The Duinepos chalets are painted outside in upbeat ochre tones from reddish-brown to mustard yellow. Inside they’re lovely, with a bright open-plan lounge-dining-kitchen area and two bedrooms. The kitchen is well equipped with stove, oven and microwave as well as all utensils, even an ice bucket and coffee press. Outside on a small stoep is a picnic table made from recycled plastic, a portable braai and a bird bath where Cape bunting, bokmakierie and Cape robin came to visit.
The story behind Duinepos
The story behind Duinepos is a special one, a story of community tourism and empowerment. A story of responsible travel that benefits the environment and local communities at the same time as providing something tourists want.
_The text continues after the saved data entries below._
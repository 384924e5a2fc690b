-- ===== src/RateLimiter/Clients.antt =====
-- src/main.cpp: the address by which the handlers of registration and login limit their requests.
use fileagent_server.Base.{ℕ, ◌≡◌, refl, some, is_empty, if◌then◌else◌}
use fileagent_server.Base.Bytes.{Bytes, codes}
use fileagent_server.FastCgiServer.{HttpRequest, get_header, parse_fcgi_request}
use fileagent_server.FastCgiServer.Requests.{get_header-parse_fcgi_request}

-- The first lines of `handleRegister` and of `handleLogin`.
unfoldable pub client_ip : HttpRequest → Bytes
client_ip req =
    let forwarded = get_header req (codes "X-Forwarded-For") in
    let remote = get_header req (codes "Remote-Addr") in
    let ip = if is_empty forwarded then remote else forwarded in
    if is_empty ip then codes "unknown" else ip

-- Every request that the server parses, from whatever client, has the address "unknown".
pub client_ip-parse_fcgi_request :
    (env : Bytes → Bytes) (get_str : ℕ → Bytes) (req : HttpRequest)
    → parse_fcgi_request env get_str ≡ some req
    → client_ip req ≡ codes "unknown"
unfolding client_ip
client_ip-parse_fcgi_request env get_str req e =
    rw
      (
        get_header-parse_fcgi_request env get_str req (codes "X-Forwarded-For") e refl,
        get_header-parse_fcgi_request env get_str req (codes "Remote-Addr") e refl,
      )
      refl
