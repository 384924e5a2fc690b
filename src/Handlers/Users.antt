-- ===== src/Handlers/Users.antt =====
-- src/main.cpp: the handlers of registration and login. The time of the request, the random bytes and
-- the printed time of expiry are arguments.
use fileagent_server.Base.{ℕ, Bool, true, false, [], ◌∷◌, if◌then◌else◌}
use fileagent_server.Base.Bytes.{Bytes, codes}
use fileagent_server.Base.Int.{ℤ, pos}
use fileagent_server.Base.Outcome.{returned, M, ◌>>=◌}
use fileagent_server.AuthService
use fileagent_server.AuthService.{UserDao}
use fileagent_server.Dao.Sessions
use fileagent_server.Dao.Users
use fileagent_server.FastCgiServer.{HttpRequest}
use fileagent_server.Hash.{generate_token}
use fileagent_server.Models.{UserRecord, ServiceResult}
use fileagent_server.RateLimiter.{allow}
use fileagent_server.RateLimiter.Clients.{client_ip}
use fileagent_server.Responses.{HttpResponse}
use fileagent_server.Handlers.{
  Parts, World, Handled, session_store, with_sessions, ask_server, converted, answered,
  require_json_body,
}
use fileagent_server.Handlers.Files.{reply, if_success}

module _ {S D J : Type 0} (parts : Parts S D J) where
  -- UserDao, as AuthService calls it.
  abbrev pub user_dao : UserDao S
  user_dao = record {
    create_user = Users.create_user parts.db;
    find_by_username = Users.find_by_username parts.db parts.prepared;
    update_status = Users.update_status parts.db;
  }

  abbrev pub if_allowed : HttpResponse → Handled parts → Bool → Handled parts
  if_allowed resp next true = next
  if_allowed resp next false =
      reply parts (pos 429) (codes "too many requests, please try later") resp

  abbrev pub limit : Bytes → ℕ → M (World parts) Bool
  limit ip now w =
      let (allowed, limiter) = allow ip now w.limiter in
      (returned allowed, record w { limiter = limiter })

  abbrev register_reply : HttpResponse → ServiceResult UserRecord → Handled parts
  register_reply resp result =
      if result.success
      then reply parts (pos 0) (codes "register success") resp
      else reply parts (pos 400) result.message resp

  unfoldable pub handle_register : ℕ → Bytes → HttpRequest → HttpResponse → Handled parts
  handle_register now random req resp =
      limit (client_ip req) now
      >>= if_allowed resp (
          require_json_body parts req resp λ j.
            converted parts (parts.json.get_text (codes "username") j) >>= λ username.
            converted parts (parts.json.get_text (codes "password") j) >>= λ password.
            converted parts (parts.json.get_text (codes "email") j) >>= λ email.
            (λ w.
              let (result, st) =
                AuthService.register_user user_dao parts.crypt username password email random
                  w.server in
              (result, record w { server = st }))
            >>= register_reply resp)

  -- The end of `handleLogin`, of a user whose session was created or not.
  abbrev pub session_reply : Bytes → UserRecord → HttpResponse → Bool → Handled parts
  session_reply token user resp done =
      if done
      then answered parts
          ((codes "code", parts.json.number (pos 0))
            ∷ (codes "message", parts.json.text (codes "login success"))
            ∷ (codes "token", parts.json.text token)
            ∷ (codes "user_id", parts.json.number user.id)
            ∷ [])
          resp
      else reply parts (pos 500) (codes "failed to create session") resp

  abbrev pub new_session : ℤ → Bytes → Bytes → M (World parts) Bool
  new_session user_id token expires_at w =
      let (done, s) =
        Sessions.create_session parts.db parts.sessions user_id token expires_at
          (session_store parts w) in
      (returned done, with_sessions parts w s)

  abbrev pub login_reply : Bytes → Bytes → HttpResponse → ServiceResult UserRecord → Handled parts
  login_reply random expires_at resp result =
      if_success result (reply parts (pos 401) result.message resp) λ user.
        new_session user.id (generate_token random) expires_at
        >>= session_reply (generate_token random) user resp

  unfoldable pub handle_login : ℕ → Bytes → Bytes → HttpRequest → HttpResponse → Handled parts
  handle_login now random expires_at req resp =
      limit (client_ip req) now
      >>= if_allowed resp (
          require_json_body parts req resp λ j.
            converted parts (parts.json.get_text (codes "username") j) >>= λ username.
            converted parts (parts.json.get_text (codes "password") j) >>= λ password.
            ask_server parts (AuthService.login user_dao parts.crypt username password)
            >>= login_reply random expires_at resp)
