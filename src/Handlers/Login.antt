-- ===== src/Handlers/Login.antt =====
-- src/main.cpp: what follows a login.
mod Tests
use fileagent_server.Base.{
  ℕ, ◌≡◌, ◌∙◌, ◌⊎◌, refl, sym, ap, Bool, true, false, List, [], ◌∷◌, take, Option, none, some,
  Bool-cases, inl, inr,
}
use fileagent_server.Base.Bytes.{Bytes, codes, c_str, bytes_key}
use fileagent_server.Base.Int.{ℤ, pos}
use fileagent_server.Base.Outcome.{Outcome, returned, thrown, or_throw, M, pure, bind, ◌>>=◌}
use fileagent_server.AuthService
use fileagent_server.AuthService.Found.{login-found}
use fileagent_server.StringUtil.{trim_copy}
use fileagent_server.CacheInterface.{CacheInterface, IsLawful}
use fileagent_server.Dao.Login.{FindsCreated, find_by_token-create_session}
use fileagent_server.Dao.Sessions
use fileagent_server.Dao.Users
use fileagent_server.FastCgiServer.{HttpRequest}
use fileagent_server.Hash.{generate_token}
use fileagent_server.Models.{UserRecord, ServiceResult}
use fileagent_server.RateLimiter.{RateLimiter, allow}
use fileagent_server.RateLimiter.Clients.{client_ip}
use fileagent_server.Responses.{HttpResponse}
use fileagent_server.Handlers.{
  Parts, World, Handled, session_store, with_sessions, on_sessions, ask_server, converted,
  make_json_response, require_json_body, token_of, session_user, user_of, authenticate_request,
}
use fileagent_server.Handlers.Access.{bind-returned}
use fileagent_server.Handlers.Owners.{or_throw-some}
use fileagent_server.Handlers.Users.{
  user_dao, if_allowed, limit, session_reply, new_session, login_reply, handle_login,
}

module _ {S D J : Type 0} (parts : Parts S D J) where
  -- An exception, or nothing but a message.
  abbrev pub IsMessage : HttpResponse → Outcome HttpResponse → Type 0
  IsMessage resp o =
      (o ≡ thrown)
      ⊎ ((code : ℤ) × (message : Bytes) × (o
            ≡ returned (make_json_response parts code message resp)))

  -- The body of `req` names a user of the table who is enabled, and `crypt_r` of the password in it,
  -- with the first 29 bytes of the user's hash, gives that hash; as this user the request `later`
  -- authenticates afterwards, in `w'`.
  pub record IsLoggedIn (req later : HttpRequest) (w w' : World parts) : Type 0 where
    pub body : J
    pub username : Bytes
    pub password : Bytes
    pub user : UserRecord
    pub parsed : parts.json.parse req.body ≡ some body
    pub named : parts.json.get_text (codes "username") body ≡ some username
    pub given : parts.json.get_text (codes "password") body ≡ some password
    pub found :
        Users.find_by_username parts.db parts.prepared (trim_copy username) w.server
        ≡ returned (some user)
    pub enabled : user.status ≡ pos 1
    pub hashed :
        parts.crypt (c_str (trim_copy password)) (c_str (take 29 user.password))
        ≡ some user.password
    pub known : (authenticate_request parts later w').0 ≡ returned user.id

  bind-each :
      {A B : Type 0} (R : Outcome B × World parts → Type 0) (f : A → M (World parts) B)
      (x : Outcome A × World parts)
      → R (thrown, x.1)
      → ((a : A) → x.0 ≡ returned a → R (f a x.1))
      → R (bind f x)
  bind-each R f (returned a, w) h k = k a refl
  bind-each R f (thrown, w) h k = h

  -- What a login comes to, at `w`.
  abbrev pub Answered :
      HttpRequest
      → HttpRequest
      → HttpResponse
      → World parts
      → Outcome HttpResponse × World parts
      → Type 0
  Answered req later resp w (o, w') = IsMessage resp o ⊎ IsLoggedIn req later w w'

  module _ (lawful : IsLawful parts.sessions) (IsId : ℤ → Type 0) (expires_at : Bytes)
      (finds : FindsCreated parts.db IsId expires_at)
      (users : (name : Bytes) (st : S) (user : UserRecord)
        → Users.find_by_username parts.db parts.prepared name st ≡ returned (some user)
        → IsId user.id) where
    -- Who a session that was created is of.
    authenticate-new_session :
        (later : HttpRequest) (user_id : ℤ) (token : Bytes) (w : World parts)
        → IsId user_id
        → lawful.IsValid w.sessions
        → lawful.peek token w.sessions ≡ none
        → token_of parts later ≡ some token
        → (Sessions.create_session parts.db parts.sessions user_id token expires_at
            (session_store parts w)).0
          ≡ true
        → (authenticate_request parts later (new_session parts user_id token expires_at w).1).0
          ≡ returned user_id
    unfolding authenticate_request
    authenticate-new_session later user_id token w is_id v fresh t done =
        let (r, found, same) =
          find_by_token-create_session parts.db parts.sessions lawful IsId expires_at finds user_id
            token (session_store parts w) is_id v fresh done in
        rw t (
          ap (λ x. x.0)
            (bind-returned parts (λ session. pure (user_of parts session))
              (on_sessions parts (Sessions.find_by_token parts.db parts.sessions token)
                (new_session parts user_id token expires_at w).1)
              (some r) found)
          ∙ ap returned same)

    module _ (req later : HttpRequest) (resp : HttpResponse) (random : Bytes) (w : World parts)
        (valid : lawful.IsValid w.sessions)
        (fresh : lawful.peek (generate_token random) w.sessions ≡ none)
        (same_token : token_of parts later ≡ some (generate_token random)) where
      message :
          (code : ℤ) (text : Bytes) (w' : World parts)
          → Answered req later resp w (returned (make_json_response parts code text resp), w')
      message code text w' = inl (inr (code, text, refl))

      -- The world after the question to the limit.
      abbrev limited : RateLimiter → World parts
      limited l = record w { limiter = l }

      login_reply-Answered :
          (j : J) (username password : Bytes) (o : Option UserRecord)
          (result : ServiceResult UserRecord) (l : RateLimiter)
          → parts.json.parse req.body ≡ some j
          → parts.json.get_text (codes "username") j ≡ some username
          → parts.json.get_text (codes "password") j ≡ some password
          → AuthService.login (user_dao parts) parts.crypt username password w.server
            ≡ returned result
          → result.value ≡ o
          → Answered req later resp w (login_reply parts random expires_at resp result (limited l))
      login_reply-Answered j username password none result l parsed named given verified e =
          rw e (message (pos 401) result.message (limited l))
      login_reply-Answered j username password (some user) result l parsed named given verified e =
          let token = generate_token random in
          let (found, (enabled, hashed)) =
            login-found (user_dao parts) parts.crypt username password w.server result user verified
              e in
          let is_id = users (trim_copy username) w.server user found in
          let created =
            Sessions.create_session parts.db parts.sessions user.id token expires_at
              (session_store parts (limited l)) in
          elim (Bool-cases created.0) [
            | inl done ↦
                rw (e, done)
                  (inr record {
                    body = j;
                    username = username;
                    password = password;
                    user = user;
                    parsed = parsed;
                    named = named;
                    given = given;
                    found = found;
                    enabled = enabled;
                    hashed = hashed;
                    known =
                        authenticate-new_session later user.id token (limited l) is_id valid fresh
                          same_token done;
                  })
            | inr undone ↦
                rw (e, undone)
                  (message (pos 500) (codes "failed to create session")
                    (with_sessions parts (limited l) created.1))
          ]

      abbrev login_body : J → Handled parts
      login_body j = do
        username ← converted parts (parts.json.get_text (codes "username") j)
        password ← converted parts (parts.json.get_text (codes "password") j)
        ask_server parts (AuthService.login (user_dao parts) parts.crypt username password)
            >>= login_reply parts random expires_at resp

      login_body-Answered :
          (o : Option J) (l : RateLimiter)
          → parts.json.parse req.body ≡ o
          → Answered req later resp w (require_json_body parts req resp login_body (limited l))
      unfolding require_json_body
      login_body-Answered none l e =
          rw (require_json_body, e)
            (message (pos 400) (codes "request body must be JSON") (limited l))
      login_body-Answered (some j) l parsed =
          rw (require_json_body, parsed)
            (bind-each (Answered req later resp w) _ _ (inl (inl refl)) (λ username e.
              bind-each (Answered req later resp w) _ _ (inl (inl refl)) (λ password f.
                bind-each (Answered req later resp w) _ _ (inl (inl refl)) (λ result g.
                  login_reply-Answered j username password result.value result l parsed
                    (or_throw-some parts _ username e) (or_throw-some parts _ password f) g refl))))

      if_allowed-Answered :
          (allowed : Bool) (l : RateLimiter)
          → Answered req later resp w (
              if_allowed parts resp
                (require_json_body parts req resp login_body)
                allowed
                (limited l))
      if_allowed-Answered false l =
          message (pos 429) (codes "too many requests, please try later") (limited l)
      if_allowed-Answered true l = login_body-Answered (parts.json.parse req.body) l refl

      -- Where the database finds the sessions that it stores for its users with this expiry, the cache of
      -- sessions is valid and does not hold the new token, and the body, if it is an object, has both
      -- keys: the login throws, or answers nothing but a message, or its body names a user of the table
      -- who is enabled, `crypt_r` of the password in it with the salt of the user's hash gives that hash,
      -- and any request with the new token authenticates as this user right after it.
      pub handle_login-Answered :
          ((j : J)
            → parts.json.parse req.body ≡ some j
            → (parts.json.lacks (codes "username") j ≡ false)
              × (parts.json.lacks (codes "password") j ≡ false))
          → (now : ℕ)
          → Answered req later resp w (handle_login parts now random expires_at req resp w)
      unfolding handle_login
      handle_login-Answered present now =
          let (allowed, l) = allow (client_ip req) now w.limiter in if_allowed-Answered allowed l
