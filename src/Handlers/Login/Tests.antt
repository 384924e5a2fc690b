-- ===== src/Handlers/Login/Tests.antt =====
-- A login to a server with one user.
use fileagent_server.Base.{◌≡◌, sym, ap, refl, Bool, true, false, [], ◌∷◌, Option, some, none}
use fileagent_server.Base.Assoc.{lookup, insert}
use fileagent_server.Base.Bytes.{Bytes, codes, c_str, bytes_key}
use fileagent_server.Base.Int.{ℤ, pos, int_key}
use fileagent_server.Base.Number.{skip_spaces, stoi, stoll, to_string, decimal, digits_of}
use fileagent_server.Base.Outcome.{Outcome, returned, thrown}
use fileagent_server.AuthService.{login, validate_username, validate_password}
use fileagent_server.CacheInterface.Lru.{lru_cache-IsLawful, create-IsValid}
use fileagent_server.Dao.Login.{FindsCreated}
use fileagent_server.Dao.Rows.{make_session_record}
use fileagent_server.Dao.Sessions
use fileagent_server.Dao.Users
use fileagent_server.Dao.Sessions.{find_session}
use fileagent_server.Database.{Mysql, query, next, value, first_row, run_update, update}
use fileagent_server.FastCgiServer.{HttpRequest, get_header}
use fileagent_server.Hash.{generate_token, char_at, verify_password}
use fileagent_server.LruCache
use fileagent_server.Models.{UserRecord, SessionRecord}
use fileagent_server.RateLimiter
use fileagent_server.RateLimiter.{allow, timestamps, pop_expired}
use fileagent_server.RateLimiter.Clients.{client_ip}
use fileagent_server.Responses.{new_response}
use fileagent_server.StringUtil.{trim_copy, trim_end}
use fileagent_server.Handlers.{Parts, World, token_of, dumped, require_json_body}
use fileagent_server.Handlers.Login.{Answered, handle_login-Answered}
use fileagent_server.Handlers.Tests.{db, parts, anonymous, request}
use fileagent_server.Handlers.Users.{handle_login}

-- A database whose sessions are those of the user 7.
abbrev keeping : Mysql Bool
keeping = record db { execute = λ sql st. (true, true) }

abbrev keeping_parts : Parts Bool Bool Bytes
keeping_parts = record parts { db = keeping }

abbrev start : World keeping_parts
start = record {
  server = true;
  disk = true;
  limiter = RateLimiter.create (pos 10) 60;
  uploads = [];
  sessions = LruCache.create 2;
  by_id = LruCache.create 2;
  by_hash = LruCache.create 2;
}

abbrev IsSeven : ℤ → Type 0
IsSeven id = id ≡ pos 7

abbrev session : SessionRecord
session = record {
  id = pos 1;
  user_id = pos 7;
  session_token = codes "ab";
  expires_at = codes "12";
  created_at = codes "4";
}

selected : (key : Bytes) → find_session keeping key true ≡ returned (some session)
unfolding find_session first_row query next value make_session_record c_str stoll skip_spaces
selected key = refl

keeping-FindsCreated : FindsCreated keeping IsSeven (codes "2025")
unfolding run_update update
keeping-FindsCreated user_id key st seven done = (session, selected key, sym seven)

abbrev id_or_seven : Outcome (Option UserRecord) → ℤ
id_or_seven thrown = pos 7
id_or_seven (returned none) = pos 7
id_or_seven (returned (some user)) = user.id

users :
    (name : Bytes) (st : Bool) (user : UserRecord)
    → Users.find_by_username keeping keeping_parts.prepared name st ≡ returned (some user)
    → IsSeven user.id
unfolding Users.find_by_username Users.make_prepared_user stoi stoll skip_spaces c_str
users name true user h = sym (ap id_or_seven h)
users name false user h = sym (ap id_or_seven h)

-- The name and the password are those of `ann`, who is found by every name.
abbrev login_request : HttpRequest
login_request = record anonymous { body = codes "password" }

abbrev random : Bytes
random = 171 ∷ []

new_token : token_of keeping_parts request ≡ some (generate_token random)
unfolding token_of get_header lookup generate_token char_at
new_token = refl

-- The login answers with more than a message.
logged_in :
    (handle_login keeping_parts 100 random (codes "2025") login_request new_response start).0
    ≡ returned (
        dumped keeping_parts
          ((codes "code", codes "0")
            ∷ (codes "message", codes "login success")
            ∷ (codes "token", codes "ab")
            ∷ (codes "user_id", codes "7")
            ∷ [])
          new_response)
unfolding handle_login require_json_body allow RateLimiter.create client_ip timestamps pop_expired
    insert get_header to_string decimal digits_of lookup login validate_username validate_password
    trim_copy trim_end skip_spaces verify_password c_str generate_token char_at
    Sessions.create_session run_update update Users.find_by_username Users.make_prepared_user stoi
    stoll
logged_in = refl

handle_login-Answered_example :
    Answered keeping_parts login_request request new_response start
      (handle_login keeping_parts 100 random (codes "2025") login_request new_response start)
handle_login-Answered_example =
    handle_login-Answered keeping_parts lru_cache-IsLawful IsSeven (codes "2025")
      keeping-FindsCreated users login_request request new_response random start
      (create-IsValid 2).0 ((create-IsValid 2).1 (generate_token random)) new_token
      (λ j h. (refl, refl)) 100
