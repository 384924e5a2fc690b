-- ===== src/Handlers/Ranking.antt =====
-- src/main.cpp: the ranking of the shares, which is open to everyone.
use fileagent_server.Base.{List, [], ◌∷◌, ◌++◌, length}
use fileagent_server.Base.Bytes.{Bytes, codes}
use fileagent_server.Base.Int.{ℤ, pos}
use fileagent_server.Base.Number.{to_string}
use fileagent_server.Base.Outcome.{Outcome, returned, bind}
use fileagent_server.Dao.Rows.{long_or_zero, text_or_empty, make_all, ◌>>=◌}
use fileagent_server.Database.{MysqlConn, all_rows, value}
use fileagent_server.FastCgiServer.{HttpRequest, get_query}
use fileagent_server.Responses.{HttpResponse}
use fileagent_server.Handlers.{Parts, Handled, ask_server, number_or, answered}

module _ {S D J : Type 0} (parts : Parts S D J) where
  unfoldable pub ranking_sql : ℤ → Bytes
  ranking_sql limit =
      codes
        "SELECT s.file_id, f.filename, f.user_id, u.username, COUNT(*) as share_count FROM shares s JOIN files f ON s.file_id = f.id JOIN users u ON f.user_id = u.id GROUP BY s.file_id ORDER BY share_count DESC LIMIT "
      ++ to_string limit

  unfoldable pub ranking_item : MysqlConn → Outcome J
  ranking_item c = do
    file_id ← long_or_zero (value (pos 0) c)
    user_id ← long_or_zero (value (pos 2) c)
    share_count ← long_or_zero (value (pos 4) c)
    returned (
        parts.json.object (
          (codes "file_id", parts.json.number file_id)
          ∷ (codes "filename", parts.json.text (text_or_empty (value (pos 1) c)))
          ∷ (codes "user_id", parts.json.number user_id)
          ∷ (codes "username", parts.json.text (text_or_empty (value (pos 3) c)))
          ∷ (codes "share_count", parts.json.number share_count)
          ∷ []))

  abbrev ranking_reply : HttpResponse → List J → Handled parts
  ranking_reply resp items =
      answered parts
        ((codes "code", parts.json.number (pos 0))
          ∷ (codes "message", parts.json.text (codes "success"))
          ∷ (codes "ranking", parts.json.array items)
          ∷ (codes "total", parts.json.number (pos (length items)))
          ∷ [])
        resp

  abbrev ranked : HttpResponse → ℤ → Handled parts
  ranked resp limit w =
      bind (ranking_reply resp) (
        ask_server parts (λ st. make_all ranking_item (all_rows parts.db (ranking_sql limit) st)) w)

  unfoldable pub handle_share_ranking : HttpRequest → HttpResponse → Handled parts
  handle_share_ranking req resp w =
      bind (ranked resp) (number_or parts (pos 10) (get_query req (codes "limit") []) w)
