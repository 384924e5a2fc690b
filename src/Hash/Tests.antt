-- ===== src/Hash/Tests.antt =====
-- Runs of `PasswordHasher`, and its theorems at concrete bytes.
use fileagent_server.Base.{
  ◌≡◌, refl, arith, true, false, [], ◌∷◌, ◌++◌, Option, some, length, take, All,
}
use fileagent_server.Base.Bytes.{Bytes, codes, c_str}
use fileagent_server.Base.Number.{decimal, digits_of}
use fileagent_server.Hash.{
  bcrypt_base64, char_at, encode_bcrypt_base64, generate_token, generate_salt, default_cost,
  hash_password, verify_password,
}
use fileagent_server.Hash.Tokens.{generate_token-injective}
use fileagent_server.Hash.Salts.{is_among, generate_salt-shape}

token : generate_token (0 ∷ 255 ∷ 26 ∷ []) ≡ codes "00ff1a"
unfolding generate_token char_at
token = refl

abbrev few : Bytes
few = 0 ∷ 26 ∷ []

generate_token-injective_example : few ≡ 0 ∷ 26 ∷ []
generate_token-injective_example =
    generate_token-injective few (0 ∷ 26 ∷ []) (omega arith, (omega arith, tt))
      (omega arith, (omega arith, tt)) refl

abbrev random : Bytes
random = 1 ∷ 2 ∷ 3 ∷ 4 ∷ 5 ∷ 6 ∷ 7 ∷ 8 ∷ 9 ∷ 10 ∷ 11 ∷ 12 ∷ 13 ∷ 14 ∷ 15 ∷ 255 ∷ []

generate_salt-shape_example :
    (generate_salt default_cost random ≡ codes "$2b$10$" ++ encode_bcrypt_base64 random)
    × (length (encode_bcrypt_base64 random) ≡ 22)
    × All (λ c. is_among bcrypt_base64 c ≡ true) (encode_bcrypt_base64 random)
generate_salt-shape_example = generate_salt-shape random refl

-- A stand-in for `crypt_r`, which puts the password behind the first 29 bytes of the setting.
abbrev crypt : Bytes → Bytes → Option Bytes
crypt password setting = some (take 29 setting ++ password)

verified :
    verify_password crypt (codes "secret") (hash_password crypt (codes "secret") random) ≡ true
unfolding verify_password hash_password generate_salt encode_bcrypt_base64 char_at decimal digits_of
    c_str
verified = refl

refused :
    verify_password crypt (codes "secret") (hash_password crypt (codes "Secret") random) ≡ false
unfolding verify_password hash_password generate_salt encode_bcrypt_base64 char_at decimal digits_of
    c_str
refused = refl
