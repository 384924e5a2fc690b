-- ===== src/LruCache/Tests.antt =====
-- Runs of the cache, and its theorems at concrete states.
use fileagent_server.Base.{nat_key, ◌≡◌, refl, ℕ, List, [], ◌∷◌, some, none, true, false}
use fileagent_server.Base.Assoc.{lookup, erase}
use fileagent_server.LruCache
use fileagent_server.LruCache.{LruCache, create, put, get}
use fileagent_server.LruCache.Invariant.{IsValid, create-IsValid, put-IsValid}
use fileagent_server.LruCache.Refinement.{
  Call, puts, gets, exists_of, removes, size_of, Answer, done, value, flag, count, call, run,
  recent_call, recent_run, call-IsValid, run-create,
}

-- Two entries, put in the order 1, 2.
abbrev two : LruCache ℕ ℕ
two = put 2 20 (put 1 10 (create 2))

two-IsValid : IsValid two
two-IsValid = put-IsValid 2 20 _ (put-IsValid 1 10 _ (create-IsValid 2))

-- 1 is used before 3 comes in, so 2 goes.
abbrev history : List (Call ℕ ℕ)
history =
    puts 1 10
    ∷ puts 2 20
    ∷ gets 1
    ∷ puts 3 30
    ∷ gets 2
    ∷ gets 1
    ∷ size_of
    ∷ removes 1
    ∷ exists_of 1
    ∷ []

abbrev answers : List (Answer ℕ)
answers =
    done
    ∷ done
    ∷ value (some 10)
    ∷ done
    ∷ value none
    ∷ value (some 10)
    ∷ count 2
    ∷ flag true
    ∷ flag false
    ∷ []

history_runs : run history (create 2) ≡ answers
unfolding run call create put get LruCache.exists LruCache.remove LruCache.size
history_runs = refl

run-create_example : run history (create 2) ≡ answers
unfolding recent_run recent_call lookup erase
run-create_example = run-create 2 history

call-IsValid_example : IsValid (call (puts 3 30) two).1
call-IsValid_example = call-IsValid (puts 3 30) two two-IsValid
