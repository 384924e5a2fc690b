-- ===== src/Multipart/Search.antt =====
-- src/server/FastCgiServer.cpp: where `std::string::find` finds something.
use fileagent_server.Base.{
  ℕ, suc, ◌+◌, ◌≤◌, ◌≡◌, arith, true, [], ◌∷◌, some, length, drop, length-drop,
}
use fileagent_server.Base.Bytes.{Bytes}
use fileagent_server.Multipart.{starts_with, find_in, find_from}

starts_with-length : (p s : Bytes) → starts_with p s ≡ true → length p ≤ length s
starts_with-length [] s h = omega arith
starts_with-length (c ∷ p) [] h = cc
starts_with-length (c ∷ p) (d ∷ s) h = ground (arith, starts_with-length p s)

find_in-bounds :
    (needle : Bytes) (i j : ℕ) (s : Bytes)
    → find_in needle i s ≡ some j
    → (i ≤ j) × (j + length needle ≤ i + length s)
unfolding find_in
find_in-bounds [] i j [] h = ground arith
find_in-bounds (c ∷ p) i j [] h = absurd (cc)
find_in-bounds needle i j (c ∷ s) h =
    ground (arith, starts_with-length needle (c ∷ s), find_in-bounds needle (suc i) j s)

-- What is found lies behind the position and within the text.
pub find_from-bounds :
    (needle : Bytes) (pos j : ℕ) (s : Bytes)
    → find_from needle pos s ≡ some j
    → (pos ≤ j) × (j + length needle ≤ length s)
unfolding find_from
find_from-bounds needle pos j s h =
    ground (arith, find_in-bounds needle pos j (drop pos s), length-drop pos s)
‘We had to submit a business plan,’ said Hildegarde Valentyn, one of the final three, who was working at reception the day we arrived. ‘Thirty-eight people applied and 15 were called in for interviews, then five were shortlisted.’ The first phase opened at the end of 2005 and now Hildegarde, Janine Fortuin and Augusta Pretorius own the business and are still running it successfully.
‘Our philosophy at Duinepos is to live in harmony with the natural environment,’ Hildegarde told me. That means minimising the use of water, using eco-friendly products for laundry, and natural landscaping with indigenous plants. Visitors recycle waste from their chalets, and a water recycling system is on the to-do list when funds allow. Duinepos is a member of the GreenLine Responsible Tourism Certification programme, whose principles include using local products, supporting local communities and minimising environmental impact.
Janine, Hildegarde and Augusta are still hand on in the business and now employ four permanent staff from the local community and another two in high season.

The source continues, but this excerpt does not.